[Records from a data source]
-- ===== src/Links/Insert.antt =====
-- `init_list_head`, `list_add` and `list_add_tail`.
use kernel_testkit.Base.{refl, List, [], ◌∷◌, ◌++◌, arith}
use kernel_testkit.Links.{Ptr, Links, init_list_head, list_add, list_add_tail}
use kernel_testkit.Links.Chain.{
  ◌∉◌, Distinct, Chain, IsRing, last-mem, next-last, prev-last, join, frame, relink, SameOutside,
  Distinct-snoc,
}

-- After `init_list_head` the list is empty, and no other list is touched.
pub init_list_head-IsRing :
    (list : Ptr) (h : Links)
    → IsRing (init_list_head list h) list [] × SameOutside (list ∷ []) h (init_list_head list h)
unfolding init_list_head
init_list_head-IsRing list h =
    (record { chain = ground arith; distinct = (refl, tt) }, λ q out. ground arith)

module _ (h : Links) (entry head : Ptr) where
  add-Chain :
      (xs : List Ptr)
      → Chain h head xs head
      → Distinct (head ∷ xs)
      → entry ∉ (head ∷ xs)
      → Chain (list_add entry head h) head (entry ∷ xs) head
  unfolding list_add
  add-Chain [] c d out = ground arith
  add-Chain (x ∷ xs) c d out =
      let g = list_add entry head h in
      let rest = frame h g x xs head c.2 (λ q m. ground arith) (λ q m. ground arith) in
      (ground arith, ground arith, (ground arith, ground arith, rest))

  add-SameOutside :
      (xs : List Ptr)
      → Chain h head xs head
      → SameOutside (entry ∷ head ∷ xs) h (list_add entry head h)
  unfolding list_add
  add-SameOutside [] c q out = ground arith
  add-SameOutside (x ∷ xs) c q out = ground arith

  -- `list_add` puts a new entry in front of a list, and touches no other list.
  pub list_add-cons :
      (xs : List Ptr)
      → IsRing h head xs
      → entry ∉ (head ∷ xs)
      → IsRing (list_add entry head h) head (entry ∷ xs)
        × SameOutside (entry ∷ head ∷ xs) h (list_add entry head h)
  list_add-cons xs r out = (
    record { chain = add-Chain xs r.chain r.distinct out; distinct = ground (arith, r.distinct) },
    add-SameOutside xs r.chain,
  )

  -- The three other writes of `list_add_tail` after the last link has been turned.
  tail-Chain :
      (xs : List Ptr)
      → Chain h head xs head
      → Distinct (head ∷ xs)
      → entry ∉ (head ∷ xs)
      → Chain (list_add_tail entry head h) head (xs ++ (entry ∷ [])) head
  unfolding list_add_tail
  tail-Chain xs c d out =
      let g = list_add_tail entry head h in
      let before = prev-last h head xs head c in
      let after = next-last h head xs head c in
      let member = last-mem head xs in
      join g head xs entry [] head
        (relink h g head xs head entry c d (ground arith) (ground arith) (λ q m ne. ground arith)
          (λ q m. ground arith))
        (ground arith, ground arith)

  tail-SameOutside :
      (xs : List Ptr)
      → Chain h head xs head
      → SameOutside (entry ∷ head ∷ xs) h (list_add_tail entry head h)
  unfolding list_add_tail
  tail-SameOutside xs c q out =
      ground (arith, prev-last h head xs head c, next-last h head xs head c, last-mem head xs)

  -- `list_add_tail` puts a new entry behind a list, and touches no other list.
  pub list_add_tail-snoc :
      (xs : List Ptr)
      → IsRing h head xs
      → entry ∉ (head ∷ xs)
      → IsRing (list_add_tail entry head h) head (xs ++ (entry ∷ []))
        × SameOutside (entry ∷ head ∷ xs) h (list_add_tail entry head h)
  list_add_tail-snoc xs r out = (
    record {
      chain = tail-Chain xs r.chain r.distinct out;
      distinct = Distinct-snoc (head ∷ xs) entry r.distinct out;
    },
    tail-SameOutside xs r.chain,
  )
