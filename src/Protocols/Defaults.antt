-- ===== src/Protocols/Defaults.antt =====
-- `iperf_defaults`: the lists it leaves.
use kernel_testkit.Base.{
  ◌≡◌, ◌≢◌, refl, ◌==◌, false, [], ◌∷◌, List, length, arith, ◌<◌, Bool-cases, inl, inr,
}
use kernel_testkit.Base.Int.{pos, minus_one}
use kernel_testkit.Base.Run.{Returns, weaken}
use kernel_testkit.Links.{Ptr, null, Links, init_list_head, list_add_tail}
use kernel_testkit.Links.Chain.{◌∉◌, IsRing, IsRing-SameOutside}
use kernel_testkit.Links.Insert.{init_list_head-IsRing, list_add_tail-snoc}
use kernel_testkit.World.{done, Reply-cases, syscall_value}
use kernel_testkit.Test.{State}
use kernel_testkit.Protocols.{ptcp, iperf_defaults}

-- Two empty lists, one initialised after the other.
two_lists :
    (h : Links) (a b : Ptr)
    → a ≢ b
    → IsRing (init_list_head b (init_list_head a h)) a []
      × IsRing (init_list_head b (init_list_head a h)) b []
two_lists h a b ne =
    let h' = init_list_head a h in
    let (second, same) = init_list_head-IsRing b h' in
    (
      IsRing-SameOutside h' (init_list_head b h') a [] (b ∷ []) (init_list_head-IsRing a h).0 same
          (λ q m. ground arith),
      second,
    )

-- What `iperf_defaults` leaves, with `p` the one protocol.
pub record HasTcp (p : Ptr) (old new : State) : Type 0 where
  pub protocols : IsRing new.memory.links new.test.protocols (p ∷ [])
  pub streams : IsRing new.memory.links new.test.streams []
  pub id : new.memory.id p ≡ ptcp
  pub free : new.test.ctrl_sck ≡ minus_one
  pub same : new.test.protocol ≡ old.test.protocol
  pub reply : new.world.reply ≡ old.world.reply

-- Given memory for a protocol, at an address of its own, `iperf_defaults` returns 0 with two
-- lists, the streams empty and the protocols holding one TCP protocol, with no control socket,
-- and with `protocol` and what the kernel will answer as they were.
pub iperf_defaults-HasTcp :
    (s : State) (p : Ptr)
    → s.world.reply s.world.clock ≡ done p
    → p ≢ null
    → s.test.streams ≢ s.test.protocols
    → p ≢ s.test.streams
    → p ≢ s.test.protocols
    → Returns (λ r s'. (r ≡ pos 0) × HasTcp p s s') (iperf_defaults s)
unfolding iperf_defaults
iperf_defaults-HasTcp s p d ne apart ns np =
    let st = s.test.streams in
    let pr = s.test.protocols in
    let h = init_list_head pr (init_list_head st s.memory.links) in
    let (empty_streams, empty_protocols) = two_lists s.memory.links st pr apart in
    let (ring, same) = list_add_tail-snoc h p pr [] empty_protocols (ground arith) in
    let e : (p == null) ≡ false = ground arith in
    rw (d, syscall_value)
      (rw e (
        refl,
        record {
          protocols = ring;
          streams =
              IsRing-SameOutside h (list_add_tail p pr h) st [] (p ∷ pr ∷ []) empty_streams same
                (λ q m. ground arith);
          id = ground arith;
          free = refl;
          same = refl;
          reply = refl;
        },
      ))

-- The list of protocols has at most one entry, and no NULL; the kernel's replies are as before.
abbrev pub Listed : State → State → Type 0
Listed s s' =
    (xs : List Ptr) × IsRing s'.memory.links s'.test.protocols xs
    × (length xs < 2)
    × (null ∉ xs)
    × (s'.world.reply ≡ s.world.reply)

-- Without memory for a protocol `iperf_defaults` leaves the list empty.
pub iperf_defaults-Listed :
    (s : State)
    → s.test.streams ≢ s.test.protocols
    → ((p : Ptr)
        → s.world.reply s.world.clock ≡ done p
        → (p ≢ s.test.streams) × (p ≢ s.test.protocols))
    → Returns (λ _ s'. Listed s s') (iperf_defaults s)
unfolding iperf_defaults
iperf_defaults-Listed s apart own =
    let (a, b) = two_lists s.memory.links s.test.streams s.test.protocols apart in
    elim (Reply-cases (s.world.reply s.world.clock)) [
      | inr (e, f) ↦ rw (f, syscall_value) ([], b, omega arith, refl, refl)
      | inl (p, d) ↦ elim (Bool-cases (p == null)) [
        | inl z ↦ rw (d, syscall_value) (rw z ([], b, omega arith, refl, refl))
        | inr nz ↦
            let (ns, np) = own p d in
            weaken (λ r s'. (r ≡ pos 0) × HasTcp p s s') (λ _ s'. Listed s s') (iperf_defaults s)
              (iperf_defaults-HasTcp s p d (ground arith) apart ns np)
              λ r s' (z, h). (p ∷ [], h.protocols, omega arith, ground arith, h.reply)
      ]
    ]
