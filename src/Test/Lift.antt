-- ===== src/Test/Lift.antt =====
-- Commands of the world inside those of the whole state.
use kernel_testkit.Base.{ℕ, ◌≡◌, refl, true, List}
use kernel_testkit.Base.Int.{ℤ, ◌==ℤ◌, ==ℤ_iff}
use kernel_testkit.Base.Run.{Run, ok, crash, out_of_fuel, Cmd, Returns}
use kernel_testkit.Base.Partial.{Ends}
use kernel_testkit.World.{World, update}
use kernel_testkit.Test.{State, keep, lift}

-- The rest of the state stays.
abbrev pub Lifted : {A : Type 0} → (A → World → Type 0) → State → A → State → Type 0
Lifted P s a s' =
    P a s'.world × (s'.test ≡ s.test) × (s'.memory ≡ s.memory) × (s'.reports ≡ s.reports)

pub lift-Returns :
    {A : Type 0} (P : A → World → Type 0) (m : Cmd World A) (s : State)
    → Returns P (m s.world)
    → Returns (Lifted P s) (lift m s)
lift-Returns {A} P m s h = go (m s.world) h
  where
    go : (r : Run World A) → Returns P r → Returns (Lifted P s) (keep s r)
    go (ok a w) p = (p, refl, refl, refl)
    go crash p = p
    go out_of_fuel p = p

pub lift-Ends :
    {A : Type 0} (P : A → World → Type 0) (m : Cmd World A) (s : State)
    → Ends P (m s.world)
    → Ends (Lifted P s) (lift m s)
lift-Ends {A} P m s h = go (m s.world) h
  where
    go : (r : Run World A) → Ends P r → Ends (Lifted P s) (keep s r)
    go (ok a w) p = (p, refl, refl, refl)
    go crash p = p
    go out_of_fuel p = p

-- The state in which these bytes have come in through `fd`.
abbrev pub delivered : ℤ → List ℕ → State → State
delivered fd bytes s = record s {
  world = record (s.world) { inbox = update s.world.inbox fd bytes };
}

pub delivered-inbox :
    (fd : ℤ) (bytes : List ℕ) (s : State) → (delivered fd bytes s).world.inbox fd ≡ bytes
delivered-inbox fd bytes s = let same : (fd ==ℤ fd) ≡ true = (==ℤ_iff fd fd).1 refl in rw same refl
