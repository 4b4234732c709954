-- ===== src/Params/Kept.antt =====
-- What `get_parameters` leaves alone, whatever comes in.
use Prim.Native.String.{String}
use kernel_testkit.Base.{
  ℕ, zero, suc, ◌+◌, ◌%◌, ◌^◌, ◌==◌, ltb, ◌≡◌, refl, ap, ◌∙◌, Bool-cases, inl, inr, if◌then◌else◌,
  Option, none, some, List, ◌++◌, length, drop, arith,
}
use kernel_testkit.Base.Int.{ℤ, pos, minus_one, is_neg, truth}
use kernel_testkit.Base.Run.{Cmd, pure, ◌>>◌}
use kernel_testkit.Base.Partial.{Ends, bind_ends, Returns-Ends, weaken_ends}
use kernel_testkit.Links.{Ptr}
use kernel_testkit.World.{World, tick, calloc, Reply-cases, syscall_value}
use kernel_testkit.Net.{nread}
use kernel_testkit.Net.Read.{NreadDone, nread-Done}
use kernel_testkit.Test.{State, protocol_id, lift}
use kernel_testkit.Test.Lift.{Lifted, lift-Ends}
use kernel_testkit.Protocols.{
  ptcp, find_loop, set_protocol, check_sender_has_retransmits, iperf_set_test_reverse, negate,
}
use kernel_testkit.Json.{Json, Item}
use kernel_testkit.Wire.{ntohl, fill, read_text, json_read}
use kernel_testkit.Params.{
  pudp, when_item, get_text, get_test, get_settings, get_texts, count_retransmits, store_parameters,
  get_parameters,
}

-- The control socket, its state, and all that has been sent, are as before.
abbrev pub Kept : {A : Type 0} → State → A → State → Type 0
Kept s _ s' =
    (s'.test.state ≡ s.test.state)
    × (s'.test.ctrl_sck ≡ s.test.ctrl_sck)
    × (s'.world.outbox ≡ s.world.outbox)

find_loop-Kept :
    (k : ℕ) (i : ℤ) (here : Ptr) (s₀ s : State)
    → Kept s₀ tt s
    → Ends (Kept s₀) (find_loop k i here s)
unfolding find_loop
find_loop-Kept zero i here s₀ s p = tt
find_loop-Kept (suc k) i here s₀ s p =
    ground (arith, find_loop-Kept k i (s.memory.links.next here) s₀ s p)

check-Kept : (s₀ s : State) → Kept s₀ tt s → Ends (Kept s₀) (check_sender_has_retransmits s)
unfolding check_sender_has_retransmits protocol_id
check-Kept s₀ s p = ground arith

set_protocol-Kept :
    (k : ℕ) (i : ℤ) (s₀ s : State) → Kept s₀ tt s → Ends (Kept s₀) (set_protocol k i s)
unfolding set_protocol
set_protocol-Kept k i s₀ s p =
    let here = s.memory.links.next s.test.protocols in
    bind_ends (Kept s₀) (Kept s₀) (find_loop k i here s) _ (find_loop-Kept k i here s₀ s p)
      λ q s1 p1. elim (Bool-cases (q == s.test.protocols)) [
        | inl t ↦ rw t p1
        | inr f ↦
            let s2 = record s1 { test = record (s1.test) { protocol = q } } in
            rw f (
              bind_ends (Kept s₀) (Kept s₀) (check_sender_has_retransmits s2) _
                (check-Kept s₀ s2 p1) λ _ s3 p3. p3)
      ]

reverse-Kept : (s₀ s : State) → Kept s₀ tt s → Ends (Kept s₀) (iperf_set_test_reverse (pos 1) s)
unfolding iperf_set_test_reverse
reverse-Kept s₀ s p =
    check-Kept s₀
      (record s {
        test = record (s.test) {
          reverse = pos 1;
          sender = if truth (pos 1) then negate s.test.sender else s.test.sender;
        };
      })
      p

when-Kept :
    (o : Option Item) (m : Cmd State (Unit {0})) (s₀ s : State)
    → Kept s₀ tt s
    → Ends (Kept s₀) (m s)
    → Ends (Kept s₀) (when_item o m s)
unfolding when_item
when-Kept none m s₀ s p q = p
when-Kept (some i) m s₀ s p q = q

get_text-Kept :
    (o : Option Item) (old : Option String) (s₀ s : State)
    → Kept s₀ tt s
    → Ends (Kept s₀) (get_text o old s)
unfolding get_text
get_text-Kept none old s₀ s p = p
get_text-Kept (some i) old s₀ s p = ground arith

count-Kept : (s₀ s : State) → Kept s₀ tt s → Ends (Kept s₀) (count_retransmits s)
unfolding count_retransmits protocol_id
count-Kept s₀ s p = ground arith

protocol :
    (k : ℕ) (i : ℤ) (s₀ s : State) → Kept s₀ tt s → Ends (Kept s₀) ((set_protocol k i >> pure tt) s)
protocol k i s₀ s p =
    bind_ends (Kept s₀) (Kept s₀) (set_protocol k i s) _ (set_protocol-Kept k i s₀ s p)
      λ r s1 p1. p1

module _ (J : Json) where
  -- `JSON_read` sends nothing.
  abbrev Unsent : {A : Type 0} → World → A → World → Type 0
  Unsent w _ w' = w'.outbox ≡ w.outbox

  fill-Unsent : (fd : ℤ) (n : ℕ) (w : World) → Ends (Unsent w) (fill J fd n w)
  unfolding fill
  fill-Unsent fd n w =
      bind_ends (NreadDone fd n w) (Unsent w) (nread fd n w) _
        (Returns-Ends (NreadDone fd n w) (nread fd n w) (nread-Done fd n w))
        λ (rc, got) w1 d. elim (Bool-cases (ltb ((n + 1) % 2 ^ 32) (length got))) [
          | inl t ↦ rw t tt
          | inr f ↦ rw f (d.0.sent)
        ]

  read_text-Unsent : (fd : ℤ) (n : ℕ) (w : World) → Ends (Unsent w) (read_text J fd n w)
  unfolding read_text
  read_text-Unsent fd n w = elim (Reply-cases (w.reply w.clock)) [
    | inl (m, e) ↦
        let w1 = tick (calloc ((n + 1) % 2 ^ 32)) w in
        rw (e, syscall_value)
          (bind_ends (Unsent w1) (Unsent w) (fill J fd n w1) _ (fill-Unsent fd n w1) λ o w2 u. u)
    | inr (m, e) ↦ rw (e, syscall_value) refl
  ]

  json_read-Unsent : (fd : ℤ) (junk : List ℕ) (w : World) → Ends (Unsent w) (json_read J fd junk w)
  unfolding json_read
  json_read-Unsent fd junk w =
      bind_ends (NreadDone fd 4 w) (Unsent w) (nread fd 4 w) _
        (Returns-Ends (NreadDone fd 4 w) (nread fd 4 w) (nread-Done fd 4 w))
        λ r w1 d.
          let n = ntohl (r.1 ++ drop (length (r.1)) junk) in
          elim (Bool-cases (is_neg r.0)) [
            | inl t ↦ rw t (d.0.sent)
            | inr f ↦ rw f (
                weaken_ends (Unsent w1) (Unsent w) (read_text J fd n w1) (read_text-Unsent fd n w1)
                  λ o w2 e. e ∙ d.0.sent)
          ]

  texts-Kept : (j : J.Obj) (s₀ s : State) → Kept s₀ tt s → Ends (Kept s₀) (get_texts J j s)
  unfolding get_texts
  texts-Kept j s₀ s p =
      bind_ends (Kept s₀) (Kept s₀) (get_text (J.get_item j "title") s.test.title s) _
        (get_text-Kept (J.get_item j "title") s.test.title s₀ s p)
        λ a s1 p1.
          bind_ends (Kept s₀) (Kept s₀) (get_text (J.get_item j "congestion") s.test.congestion s1)
            _ (get_text-Kept (J.get_item j "congestion") s.test.congestion s₀ s1 p1)
            λ b s2 p2.
              bind_ends (Kept s₀) (Kept s₀)
                (get_text (J.get_item j "congestion_used") s.test.congestion_used s2) _
                (get_text-Kept (J.get_item j "congestion_used") s.test.congestion_used s₀ s2 p2)
                λ c s3 p3. p3

  store_parameters-Kept : (k : ℕ) (j : J.Obj) (s : State) → Ends (Kept s) (store_parameters J k j s)
  unfolding store_parameters get_test
  store_parameters-Kept k j s =
      let chosen = λ (i : ℤ). set_protocol k i >> pure tt in
      bind_ends (Kept s) (Kept s) (when_item (J.get_item j "tcp") (chosen ptcp) s) _
        (when-Kept (J.get_item j "tcp") (chosen ptcp) s s (refl, refl, refl)
          (protocol k ptcp s s (refl, refl, refl)))
        λ a s1 p1.
          bind_ends (Kept s) (Kept s) (when_item (J.get_item j "udp") (chosen pudp) s1) _
            (when-Kept (J.get_item j "udp") (chosen pudp) s s1 p1 (protocol k pudp s s1 p1))
            λ b s2 p2.
              let s3 = record s2 { test = get_test J j s2.test } in
              bind_ends (Kept s) (Kept s)
                (when_item (J.get_item j "reverse") (iperf_set_test_reverse (pos 1)) s3) _
                (when-Kept (J.get_item j "reverse") (iperf_set_test_reverse (pos 1)) s s3 p2
                  (reverse-Kept s s3 p2))
                λ c s4 p4.
                  let s5 = record s4 {
                    test = record (s4.test) { settings = get_settings J j s4.test.settings };
                  } in
                  bind_ends (Kept s) (Kept s) (get_texts J j s5) _ (texts-Kept j s s5 p4)
                    λ d s6 p6. count-Kept s s6 p6

  stored :
      (k : ℕ) (o : Option J.Obj) (s s1 : State)
      → Kept s tt s1
      → Ends (Kept s) (
          elim o as (λ _. Cmd State ℤ) [
            | none ↦ pure minus_one
            | some j ↦ store_parameters J k j >> pure (pos 0)
          ]
            s1)
  stored k none s s1 same = same
  stored k (some j) s s1 (st, fd, out) =
      bind_ends (Kept s1) (Kept s) (store_parameters J k j s1) _ (store_parameters-Kept k j s1)
        λ _ s2 (st2, fd2, out2). (st2 ∙ st, fd2 ∙ fd, out2 ∙ out)

  -- Whatever comes in, and whatever the kernel answers, `get_parameters` sends nothing and leaves
  -- the control socket and its state alone.
  pub get_parameters-Kept :
      (k : ℕ) (junk : List ℕ) (s : State) → Ends (Kept s) (get_parameters J k junk s)
  unfolding get_parameters
  get_parameters-Kept k junk s =
      let fd = s.test.ctrl_sck in
      bind_ends (Lifted (Unsent s.world) s) (Kept s) (lift (json_read J fd junk) s) _
        (lift-Ends (Unsent s.world) (json_read J fd junk) s (json_read-Unsent fd junk s.world))
        λ o s1 (out, t, m, p).
          let same : Kept s tt s1 = (ap (λ q. q.state) t, ap (λ q. q.ctrl_sck) t, out) in
          stored k o s s1 same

§ EXERCISE AIM
The output should be exactly the lines above from the line containing "1)) s s3 p2" to the line containing "bind_ends (Kept s) (Kept s) (get_texts", inclusive, with no other lines.

§ TASK ANSWER
                (when-Kept (J.get_item j "reverse") (iperf_set_test_reverse (pos 1)) s s3 p2
                  (reverse-Kept s s3 p2))
                λ c s4 p4.
                  let s5 = record s4 {
                    test = record (s4.test) { settings = get_settings J j s4.test.settings };
                  } in
                  bind_ends (Kept s) (Kept s) (get_texts J j s5) _ (texts-Kept j s s5 p4)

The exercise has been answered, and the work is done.